I installed my R-15 500 in Nov. 2005. At the beginning, my caller ID worked the same as yours. It stopped showing and logging calls after the first two and would only start again after clearing logged calls.. After an update on May 3, 2006, it started working properly. There have been several updates since November that have fixed some things and broken others. "Channels I Get" was a very handy feature that was broken in one of them. My DVR has been connected to "regular" and ADSL telephone service with no difference in usefulness on either line. I have not yet received the latest update that some subscribers got 3 weeks ago. If you read some of the past posts, you may find a wide range of problems that some have and others do not. I've stopped trying to figure it out.


----------



## FlyingmWY (Jul 12, 2006)

Earl Bonovich said:


> FlyingmWY... Mhayes70...
> 
> I do know that there are some Caller-ID corrections slated for the next release (post 10C8)......


That is great news Earl. I will waite and see what happens.


----------



## Fourdogs (May 4, 2006)

jpl said:


> Just did a reset - I didn't unplug the phone line -- I figured I'd try one thing at a time. Then I ran a system test. Now the phone test worked fine. I'm wondering - could this be due to a surge protector? I have my phone line going through a surge protection, but I wonder if that could affect the strength enough to cause the phone line to have problems. Although I did notice that my caller ID didn't work when I first installed the R15, and I didn't have the phone line go through a surge protector at that time. Very odd.


My phone line has always run through the surge protector on my APC UPS and it has made no difference in how the caller ID functioned. My caller ID started working properly after the May 3rd update. Previous to the 10B8 update, it only logged and displayed the first two calls. Clearing it would start over until two more calls were received. There may be some difference in how other brand surge protectors work.


----------



## cabanaboy1977 (Nov 16, 2005)

Ok, here another shot in the dark to the caller id showing 2 calls then stopping. What happens if you delete all your recent finds. Maybe the Caller ID log is some how getting messup up by that? Again I doubt this will work but there has got to be something different with people that are having this issue. And since Earl says they are working on fixes for it makes me think it's a software not a hardware issue and maybe we can find a way around it before they release then new update.


----------



## FlyingmWY (Jul 12, 2006)

cabanaboy1977 said:


> Ok, here another shot in the dark to the caller id showing 2 calls then stopping. What happens if you delete all your recent finds. Maybe the Caller ID log is some how getting messup up by that? Again I doubt this will work but there has got to be something different with people that are having this issue. And since Earl says they are working on fixes for it makes me think it's a software not a hardware issue and maybe we can find a way around it before they release then new update.

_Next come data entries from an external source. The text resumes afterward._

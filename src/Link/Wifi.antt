-- ===== src/Link/Wifi.antt =====
-- `decodeWifi` of src/datalink.cpp: 802.11 control, management and data frames.
use fdpi.Base.{
  ℕ, ◌+◌, ◌/◌, ◌%◌, Bool, ◌&&◌, ◌||◌, none, some, length, drop, ltb, ◌==◌, if◌then◌else◌,
}
use fdpi.Wire.{Bytes, truncated_header, Outcome, ok, err, ◌>>=◌, be16, le16, copy}
use fdpi.Link.Llc.{Wifi, LinkLayerResult, link, zero_mac, decode_llc_snap}

-- The fields that every frame has, from its frame control, duration and first address.
unfoldable pub wifi_of : ℕ → ℕ → Bytes → Wifi
wifi_of frame_control duration_id addr1 = record {
  type = frame_control / 4 % 4;
  subtype = frame_control / 16 % 16;
  to_ds = frame_control / 256 % 2 == 1;
  from_ds = frame_control / 512 % 2 == 1;
  protected_frame = frame_control / 16384 % 2 == 1;
  retry = frame_control / 2048 % 2 == 1;
  duration_id = duration_id;
  addr1 = addr1;
  addr2 = none;
  addr3 = none;
  addr4 = none;
  sequence_control = 0;
}

abbrev pub with_wifi : LinkLayerResult → Wifi → LinkLayerResult
with_wifi result wifi = record result { wifi = some wifi }

unfoldable pub has_addr2 : ℕ → Bool
has_addr2 subtype = subtype == 11 || subtype == 14 || subtype == 15 || subtype == 8 || subtype == 9

unfoldable pub wifi_control : Bytes → ℕ → Wifi → Outcome LinkLayerResult
wifi_control data' offset wifi =
    if has_addr2 wifi.subtype
    then (if ltb (length data') (offset + 16) then err truncated_header offset else do
      addr2 ← copy (drop offset data') 10 6
      ok (with_wifi (link 0) (record wifi { addr2 = some addr2 })) (offset + 16))
    else ok (with_wifi (link 0) wifi) (offset + 10)

unfoldable pub wifi_management : Bytes → ℕ → Wifi → Outcome LinkLayerResult
wifi_management data' offset wifi =
    if ltb (length data') (offset + 24) then err truncated_header offset else do
      addr2 ← copy (drop offset data') 10 6
      addr3 ← copy (drop offset data') 16 6
      sequence_control ← le16 (drop offset data') 22
      ok
          (with_wifi (link 0) (record wifi {
            addr2 = some addr2;
            addr3 = some addr3;
            sequence_control = sequence_control;
          }))
          (offset + 24)

-- The size of a data frame's header: a fourth address between access points, and the QoS field.
unfoldable pub header_size : Wifi → ℕ
header_size wifi =
    (if wifi.to_ds && wifi.from_ds then 30 else 24) + (if wifi.subtype / 8 % 2 == 1 then 2 else 0)

-- The addresses of the frame's two ends, by the direction flags.
unfoldable pub data_macs : Wifi → Bytes → Bytes → Bytes → LinkLayerResult
data_macs wifi addr2 addr3 addr4 =
    if wifi.to_ds
    then (if wifi.from_ds
        then record (link 0) { dst_mac = addr3; src_mac = addr4 }
        else record (link 0) { dst_mac = addr3; src_mac = addr2 })
    else (if wifi.from_ds
        then record (link 0) { dst_mac = wifi.addr1; src_mac = addr3 }
        else record (link 0) { dst_mac = wifi.addr1; src_mac = addr2 })

unfoldable pub is_null_data : ℕ → Bool
is_null_data subtype =
    subtype == 4
    || subtype == 5
    || subtype == 6
    || subtype == 7
    || subtype == 12
    || subtype == 13
    || subtype == 14
    || subtype == 15

-- A frame without data, or with encrypted data, ends behind its header.
unfoldable pub wifi_payload : Bytes → ℕ → Wifi → LinkLayerResult → Outcome LinkLayerResult
wifi_payload data' offset wifi result =
    if is_null_data wifi.subtype || wifi.protected_frame
    then ok (with_wifi result wifi) offset
    else decode_llc_snap data' offset (with_wifi result wifi)

unfoldable pub wifi_data : Bytes → ℕ → Wifi → Outcome LinkLayerResult
wifi_data data' offset wifi =
    if ltb (length data') (offset + 24)
    then err truncated_header offset
    else if ltb (length data') (offset + header_size wifi)
    then err truncated_header offset
    else do
      addr2 ← copy (drop offset data') 10 6
      addr3 ← copy (drop offset data') 16 6
      sequence_control ← le16 (drop offset data') 22
      let wifi' = record wifi {
        addr2 = some addr2;
        addr3 = some addr3;
        sequence_control = sequence_control;
      }
      if wifi.to_ds && wifi.from_ds
          then (do
            addr4 ← copy (drop offset data') 24 6
            wifi_payload data' (offset + header_size wifi) (record wifi' { addr4 = some addr4 })
                (data_macs wifi addr2 addr3 addr4))
          else wifi_payload data' (offset + header_size wifi) wifi'
              (data_macs wifi addr2 addr3 zero_mac)

unfoldable pub wifi_frame : Bytes → ℕ → Wifi → Outcome LinkLayerResult
wifi_frame data' offset wifi =
    if wifi.type == 1
    then wifi_control data' offset wifi
    else if wifi.type == 0
    then wifi_management data' offset wifi
    else wifi_data data' offset wifi

unfoldable pub decode_wifi : Bytes → ℕ → Outcome LinkLayerResult
decode_wifi data' offset =
    if ltb (length data') (offset + 10) then err truncated_header offset else do
      frame_control ← le16 (drop offset data') 0
      duration_id ← be16 (drop offset data') 2
      addr1 ← copy (drop offset data') 4 6
      wifi_frame data' offset (wifi_of frame_control duration_id addr1)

I will try that tonight. I only have (from memory) about 12 finds. I will delete and give it a shot.


----------



## MercurialIN (Jul 17, 2006)

My Caller ID stopped working altogether about two to three weeks ago. It doesn't show on screen notices of incoming calls nor does it log them. Up until then it was working perfectly, it would log up to 25 calls no problem. Then the R 15 locked up one day after resetting it first showed 25 calls, then none and it hasn't worked since. Last Friday I installed a new phone line to the R 15 and a separate caller ID box I have in that room continues to work just fine. I have run the "system test" numerous times and the phone line always checks out "ok". I'm hoping a software upgrade (I still have 103F) will be the answer. Nothing else has helped. 

I only have four recent finds on the find by search engine but I too will try deleting them all and see what happens. I do know that my R 15 300 has stopped locking up daily since I have started putting it into standby anytime and everytime I am not actually sitting there watching something on it, maybe a coincidence but it was locking/freezing up daily and during the worst heat here in the midwest it sometimes locked up twice a day, the heat and humidity are back but my R 15 is still not locking up since I've been putting it into standby anytime I'm not using it directly (no pun intended). Not sure that's a solution or that it will work for anyone else's R 15 but for some wacky reason it is helping mine. Go figure.


----------



## FlyingmWY (Jul 12, 2006)

cabanaboy1977 said:


> Ok, here another shot in the dark to the caller id showing 2 calls then stopping. What happens if you delete all your recent finds. Maybe the Caller ID log is some how getting messup up by that? Again I doubt this will work but there has got to be something different with people that are having this issue. And since Earl says they are working on fixes for it makes me think it's a software not a hardware issue and maybe we can find a way around it before they release then new update.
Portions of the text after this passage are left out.